Three other species—S. hubbsi, S. sierrensis, and S. lacicolus—appear to be closely related to the four cavernicolous species of the Mother Lode region. While these species differ in the structure of their mouthparts (i.e., having fewer plumose setae on the maxillae and fewer spines on the inner plate of the maxilliped), their gnathopodal propods are very similar to the Mother Lode species, and two of these species occupy habitats only 50 to 75 miles north of the California cave region. Stygobromus hubbsi, on the other hand, occurs in a lava cave approximately 350 miles north of the Mother Lode region. Moreover, aside from their smaller size and other minor differences, three other species from California—S. tahoensis, S. mackenziei, and S. sheldoni—also show affinity with the Mother Lode cave species as well as with S. sierrensis and S. lacicolus. The remaining five species of the hubbsi group differ more significantly from the Mother Lode species, are far removed geographically, and occur on the periphery of the range of the group.

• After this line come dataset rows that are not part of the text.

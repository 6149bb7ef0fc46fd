-- ===== src/Migration/Execution.antt =====
-- The execution record (PmQmsIso9001MigrationExecution of models/migration_execution.py), its snapshots
-- and the package that it reads.
use perfect_match_qms.Prelude.{
  ℕ, ◌==◌, ℤ, map, ◌++◌, str_eq, not, ◌||◌, Bool, true, false, String, Option, none, some, List, [],
  ◌∷◌, if◌then◌else◌,
}
use perfect_match_qms.Migration.Snapshots.{
  Json, Scalar, text, boolean, objects, text_of, id_of, count_of, maybe_text, text_or_blank, Codec,
}

pub data State : Type 0 where
  draft preflight_passed authorized in_progress recorded submitted returned closed : State

pub data RollbackDecision : Type 0 where
  not_required required executed : RollbackDecision

pub data Outcome : Type 0 where
  completed failed rolled_back : Outcome

-- The text fields among the execution controls.
pub data ControlText : Type 0 where
  environment_reference fresh_preflight_evidence backup_access_evidence : ControlText
  restoration_test_evidence dry_run_evidence authorization_notes : ControlText

-- The text fields of the report.
pub data ReportText : Type 0 where
  execution_log_reference execution_log_sha256 post_migration_checks : ReportText
  rollback_evidence : ReportText

pub data Count : Type 0 where
  created_count reused_count skipped_count rejected_count manual_review_count : Count

-- The steps of which the user and the time are kept: the fields `preflight_by_id` and
-- `preflight_date`, and so on.
pub data Stamp : Type 0 where
  preflight authorization start finish submission closure : Stamp

pub data Disposition : Type 0 where
  created reused skipped rejected manual_review : Disposition

-- An entry of the reconciliation ledger (PmQmsIso9001MigrationReconciliation of
-- models/migration_reconciliation.py), with the stored digest of its values.
pub record Line : Type 0 where
  pub source_edition : String
  pub target_edition : String
  pub source_system_reference : String
  pub source_record_reference : String
  pub source_record_sha256 : Option String
  pub target_record_reference : Option String
  pub target_record_sha256 : Option String
  pub disposition : Disposition
  pub historical_source_preserved : Bool
  pub rationale : String
  pub evidence_reference : Option String
  pub item_snapshot_sha256 : String

-- A group of fields is a function from their names. `company_id` is that of the package.
pub record Execution : Type 0 where
  pub code : String
  pub package_id : ℕ
  pub package_manifest_sha256 : String
  pub company_id : ℕ
  pub operator_id : ℕ
  pub reviewer_id : ℕ
  pub controls : ControlText → String
  pub report_texts : ReportText → Option String
  pub counts : Count → ℤ
  pub rollback_decision : Option RollbackDecision
  pub outcome : Option Outcome
  pub state : State
  pub control_snapshot : Option String
  pub control_sha256 : Option String
  pub report_snapshot : Option String
  pub report_sha256 : Option String
  pub by : Stamp → Option ℕ
  pub on : Stamp → Option ℕ
  pub return_reason : Option String
  pub closeout_notes : Option String
  -- In the order of the system and record references.
  pub reconciliation_lines : List Line
  pub reconciliation_ledger_started : Bool

-- `_control_values`
abbrev pub control_values : Execution → List (String × Json)
control_values r =
    ("schema", id_of 1)
    ∷ ("execution_code", text_of r.code)
    ∷ ("package_id", id_of r.package_id)
    ∷ ("package_manifest_sha256", text_of r.package_manifest_sha256)
    ∷ ("company_id", id_of r.company_id)
    ∷ ("operator_id", id_of r.operator_id)
    ∷ ("reviewer_id", id_of r.reviewer_id)
    ∷ ("environment_reference", text_of (r.controls environment_reference))
    ∷ ("fresh_preflight_evidence", text_of (r.controls fresh_preflight_evidence))
    ∷ ("backup_access_evidence", text_of (r.controls backup_access_evidence))
    ∷ ("restoration_test_evidence", text_of (r.controls restoration_test_evidence))
    ∷ ("dry_run_evidence", text_of (r.controls dry_run_evidence))
    ∷ ("authorization_notes", text_of (r.controls authorization_notes))
    ∷ []

abbrev decision_value : Option RollbackDecision → Option String
decision_value none = none
decision_value (some not_required) = some "not_required"
decision_value (some required) = some "required"
decision_value (some executed) = some "executed"

abbrev outcome_value : Option Outcome → Option String
outcome_value none = none
outcome_value (some completed) = some "completed"
outcome_value (some failed) = some "failed"
outcome_value (some rolled_back) = some "rolled_back"

-- `_report_values` of migration_execution.py
abbrev pub base_report_values : Execution → List (String × Json)
base_report_values r =
    ("execution_log_reference", maybe_text (r.report_texts execution_log_reference))
    ∷ ("execution_log_sha256", maybe_text (r.report_texts execution_log_sha256))
    ∷ ("post_migration_checks", maybe_text (r.report_texts post_migration_checks))
    ∷ ("rollback_decision", maybe_text (decision_value r.rollback_decision))
    ∷ ("rollback_evidence", text_or_blank (r.report_texts rollback_evidence))
    ∷ ("outcome", maybe_text (outcome_value r.outcome))
    ∷ ("created_count", count_of (r.counts created_count))
    ∷ ("reused_count", count_of (r.counts reused_count))
    ∷ ("skipped_count", count_of (r.counts skipped_count))
    ∷ ("rejected_count", count_of (r.counts rejected_count))
    ∷ ("manual_review_count", count_of (r.counts manual_review_count))
    ∷ []

abbrev pub disposition_value : Disposition → String
disposition_value created = "created"
disposition_value reused = "reused"
disposition_value skipped = "skipped"
disposition_value rejected = "rejected"
disposition_value manual_review = "manual_review"

abbrev pub text_or_empty : Option String → Scalar
text_or_empty none = text ""
text_or_empty (some s) = text s

-- `_snapshot_values` of an entry
abbrev pub line_values : Line → List (String × Scalar)
line_values l =
    ("source_edition", text l.source_edition)
    ∷ ("target_edition", text l.target_edition)
    ∷ ("source_system_reference", text l.source_system_reference)
    ∷ ("source_record_reference", text l.source_record_reference)
    ∷ ("source_record_sha256", text_or_empty l.source_record_sha256)
    ∷ ("target_record_reference", text_or_empty l.target_record_reference)
    ∷ ("target_record_sha256", text_or_empty l.target_record_sha256)
    ∷ ("disposition", text (disposition_value l.disposition))
    ∷ ("historical_source_preserved", boolean l.historical_source_preserved)
    ∷ ("rationale", text l.rationale)
    ∷ ("evidence_reference", text_or_empty l.evidence_reference)
    ∷ ("item_snapshot_sha256", text l.item_snapshot_sha256)
    ∷ []

-- `dict.get`, and `in`
abbrev pub entry : String → List (String × Json) → Option Json
entry key [] = none
entry key ((k, v) ∷ rest) = if str_eq k key then some v else entry key rest

abbrev pub has_entry : String → List (String × Json) → Bool
has_entry key [] = false
has_entry key ((k, _) ∷ rest) = str_eq k key || has_entry key rest

-- `json.loads`, with `{}` for a text that it refuses
abbrev pub loaded : Codec → String → List (String × Json)
loaded codec s = elim (codec.loads s) [ none ↦ [] | some values ↦ values ]

-- An earlier report without the items of the ledger, and no entries now.
abbrev pub is_legacy : Codec → List Line → Option String → Bool
is_legacy codec [] (some s) = not (has_entry "reconciliation_items" (loaded codec s))
is_legacy codec _ _ = false

-- `_report_values`, with its extension in migration_reconciliation.py
unfoldable pub report_values : Codec → Execution → List (String × Json)
report_values codec r =
    base_report_values r
    ++ (if is_legacy codec r.reconciliation_lines r.report_snapshot
        then []
        else ("reconciliation_items", objects (map line_values r.reconciliation_lines)) ∷ [])

-- `_render_control_snapshot` and `_render_report_snapshot`
unfoldable pub render_control_snapshot : Codec → Execution → String
render_control_snapshot codec r = codec.dumps (control_values r)

unfoldable pub render_report_snapshot : Codec → Execution → String
unfolding report_values
render_report_snapshot codec r = codec.dumps (report_values codec r)

pub data Assignment : Type 0 where
  set_state : State → Assignment
  set_control_snapshot set_control_sha256 : Option String → Assignment
  set_report_snapshot set_report_sha256 : Option String → Assignment
  set_by set_on : Stamp → Option ℕ → Assignment
  set_operator_id set_reviewer_id : ℕ → Assignment
  set_control : ControlText → String → Assignment
  set_report_text : ReportText → Option String → Assignment
  set_count : Count → ℤ → Assignment
  set_rollback_decision : Option RollbackDecision → Assignment
  set_outcome : Option Outcome → Assignment
  set_return_reason set_closeout_notes : Option String → Assignment
  set_code set_package_manifest_sha256 : String → Assignment
  set_package_id : ℕ → Assignment
  set_company_id : ℕ → Assignment
  set_reconciliation_lines : List Line → Assignment
  set_ledger_started : Bool → Assignment
  set_unmodelled : Assignment

abbrev pub control_key : ControlText → ℕ
control_key environment_reference = 0
control_key fresh_preflight_evidence = 1
control_key backup_access_evidence = 2
control_key restoration_test_evidence = 3
control_key dry_run_evidence = 4
control_key authorization_notes = 5

abbrev pub report_key : ReportText → ℕ
report_key execution_log_reference = 0
report_key execution_log_sha256 = 1
report_key post_migration_checks = 2
report_key rollback_evidence = 3

abbrev pub count_key : Count → ℕ
count_key created_count = 0
count_key reused_count = 1
count_key skipped_count = 2
count_key rejected_count = 3
count_key manual_review_count = 4

abbrev pub stamp_key : Stamp → ℕ
stamp_key preflight = 0
stamp_key authorization = 1
stamp_key start = 2
stamp_key finish = 3
stamp_key submission = 4
stamp_key closure = 5

-- One field of a group gets a value.
abbrev pub update {ℓ κ} : {A : Type ℓ} {B : Type κ} → (A → ℕ) → A → B → (A → B) → A → B
update key a v f b = if key a == key b then v else f b

abbrev pub assign : Assignment → Execution → Execution
assign (set_state v) r = record r { state = v }
assign (set_control_snapshot v) r = record r { control_snapshot = v }
assign (set_control_sha256 v) r = record r { control_sha256 = v }
assign (set_report_snapshot v) r = record r { report_snapshot = v }
assign (set_report_sha256 v) r = record r { report_sha256 = v }
assign (set_by k v) r = record r { by = update stamp_key k v r.by }
assign (set_on k v) r = record r { on = update stamp_key k v r.on }
assign (set_operator_id v) r = record r { operator_id = v }
assign (set_reviewer_id v) r = record r { reviewer_id = v }
assign (set_control k v) r = record r { controls = update control_key k v r.controls }
assign (set_report_text k v) r = record r { report_texts = update report_key k v r.report_texts }
assign (set_count k v) r = record r { counts = update count_key k v r.counts }
assign (set_rollback_decision v) r = record r { rollback_decision = v }
assign (set_outcome v) r = record r { outcome = v }
assign (set_return_reason v) r = record r { return_reason = v }
assign (set_closeout_notes v) r = record r { closeout_notes = v }
assign (set_code v) r = record r { code = v }
assign (set_package_manifest_sha256 v) r = record r { package_manifest_sha256 = v }
assign (set_package_id v) r = record r { package_id = v }
assign (set_company_id v) r = record r { company_id = v }
assign (set_reconciliation_lines v) r = record r { reconciliation_lines = v }
assign (set_ledger_started v) r = record r { reconciliation_ledger_started = v }
assign set_unmodelled r = r

-- The sets of fields that `write` names.
abbrev pub is_workflow : Assignment → Bool
is_workflow (set_state _) = true
is_workflow (set_control_snapshot _) = true
is_workflow (set_control_sha256 _) = true
is_workflow (set_report_snapshot _) = true
is_workflow (set_report_sha256 _) = true
is_workflow (set_by _ _) = true
is_workflow (set_on _ _) = true
is_workflow (set_code _) = true
is_workflow (set_package_manifest_sha256 _) = true
is_workflow (set_package_id _) = true
is_workflow _ = false

abbrev pub is_control : Assignment → Bool
is_control (set_operator_id _) = true
is_control (set_reviewer_id _) = true
is_control (set_control _ _) = true
is_control _ = false

abbrev pub is_report : Assignment → Bool
is_report (set_report_text _ _) = true
is_report (set_count _ _) = true
is_report (set_rollback_decision _) = true
is_report (set_outcome _) = true
is_report _ = false

-- The sets of fields that `write` of migration_reconciliation.py names.
abbrev pub is_ledger : Assignment → Bool
is_ledger (set_ledger_started _) = true
is_ledger _ = false

abbrev pub is_evidence : Assignment → Bool
is_evidence (set_report_text _ _) = true
is_evidence (set_rollback_decision _) = true
is_evidence (set_outcome _) = true
is_evidence _ = false

abbrev pub is_count : Assignment → Bool
is_count (set_count _ _) = true
is_count _ = false

abbrev pub is_lines : Assignment → Bool
is_lines (set_reconciliation_lines _) = true
is_lines _ = false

Thus, it would appear that at least one major center of speciation within the hubbsi group has taken place in the east-central California region, producing species which have successfully colonized a diversity of groundwater habitats, including caves, springs, and at least one deep lake.

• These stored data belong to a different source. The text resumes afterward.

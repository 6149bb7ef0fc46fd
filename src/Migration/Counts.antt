-- ===== src/Migration/Counts.antt =====
-- The stored counts of an execution record, which follow its reconciliation ledger, and what a write of
-- the ORM makes of a record with them (models/migration_reconciliation.py).
use perfect_match_qms.Prelude.{
  ◌==◌, ℤ, pos, ◌≡◌, sym, ap, ◌∙◌, Bool, true, false, String, Option, none, some, List, [], ◌∷◌,
  length, filtered, any, if◌then◌else◌,
}
use perfect_match_qms.Odoo.{assign_all, Result, ok, ◌>>=◌, >>=-eq-ok, ok-injective, Orm}
use perfect_match_qms.Migration.Snapshots.{Json, scalar, integer, Codec}
use perfect_match_qms.Migration.Execution.{
  Count, created_count, reused_count, skipped_count, rejected_count, manual_review_count, count_key,
  Disposition, created, reused, skipped, rejected, manual_review, Line, Execution, Assignment,
  set_state, set_report_snapshot, set_ledger_started, set_reconciliation_lines, assign, entry,
  has_entry, loaded,
}

abbrev disposition_count : Disposition → Count
disposition_count created = created_count
disposition_count reused = reused_count
disposition_count skipped = skipped_count
disposition_count rejected = rejected_count
disposition_count manual_review = manual_review_count

abbrev count_name : Count → String
count_name created_count = "created_count"
count_name reused_count = "reused_count"
count_name skipped_count = "skipped_count"
count_name rejected_count = "rejected_count"
count_name manual_review_count = "manual_review_count"

-- The entry of a report, which is a number where the program wrote it, or else the default.
abbrev number_or : ℤ → Option Json → ℤ
number_or default (some (scalar (integer n))) = n
number_or default _ = default

-- `_compute_reconciliation_counts`, by the entries, the report and the flag.
unfoldable pub counts_from : Codec → List Line → Option String → Bool → (Count → ℤ) → Count → ℤ
counts_from codec (l ∷ lines) report started old k = pos (
    length (
      filtered (λ (x : Line). count_key (disposition_count x.disposition) == count_key k)
        (l ∷ lines)))
counts_from codec [] (some s) started old k =
    number_or (if has_entry "reconciliation_items" (loaded codec s) then pos 0 else old k)
      (entry (count_name k) (loaded codec s))
counts_from codec [] none true old k = pos 0
counts_from codec [] none false old k = old k

unfoldable pub compute_counts : Codec → Execution → Count → ℤ
unfolding counts_from
compute_counts codec r =
    counts_from codec r.reconciliation_lines r.report_snapshot r.reconciliation_ledger_started
      r.counts

-- The fields that the counts depend on.
abbrev pub is_trigger : Assignment → Bool
is_trigger (set_state _) = true
is_trigger (set_report_snapshot _) = true
is_trigger (set_ledger_started _) = true
is_trigger (set_reconciliation_lines _) = true
is_trigger _ = false

-- A record after the values of a write, and the recomputation that they trigger.
abbrev pub recounted : Codec → List Assignment → Execution → Execution
recounted codec vals r =
    let w = assign_all assign vals r in
    record w { counts = λ k. if any is_trigger vals then compute_counts codec w k else w.counts k }

-- `super().write`, with the stored counts.
abbrev pub stored_write : Orm assign → Codec → List Assignment → Execution → Result Execution
stored_write orm codec vals r = orm.super_write vals r >>= λ (w : Execution). ok (record w {
  counts = λ k. if any is_trigger vals then compute_counts codec w k else w.counts k;
})

pub stored_write-exact :
    (orm : Orm assign) (codec : Codec) (vals : List Assignment) (r r' : Execution)
    → stored_write orm codec vals r ≡ ok r'
    → r' ≡ recounted codec vals r
stored_write-exact orm codec vals r r' h =
    let (w, first, second) = >>=-eq-ok (orm.super_write vals r) _ h in
    sym (ok-injective second)
    ∙ ap
        (λ (x : Execution). record x {
          counts = λ k. if any is_trigger vals then compute_counts codec x k else x.counts k;
        })
        (orm.write_exact vals r w first)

Only two instances of sympatry (or syntopy) are so far known among western species of Stygobromus. The first is the curious association of three species in the well at Victor Crossing in Ravalli County, Montana. Of the three species, however, only S. tritus is a member of the hubbsi group. A second member of the trio, S. montanensis, while showing a remote affinity with the hubbsi group, is at best only distantly related to S. tritus. The third member, S. obscurus, is unrelated to any of the other western species of the genus and, in addition, bears some affinity with the genus Stygonectes, a genus unknown from any farther west than central Texas. Unfortunately, very little is known about the well at Victor Crossing and it is not known whether these three species continuously share the same habitat or only occasionally come in contact. On the basis of the two samples removed from this well in October 1952, S. tritus appears to be by far the most common of the three species recorded from this habitat.

The other sympatric association occurs in Lake Tahoe, where both S. tahoensis and S. lacicolus were obtained in periodic samples made in the early 1960s. Of the 16 samples studied, however, the two species were found together only twice, and S. tahoensis appeared to be much more abundant than S. lacicolus.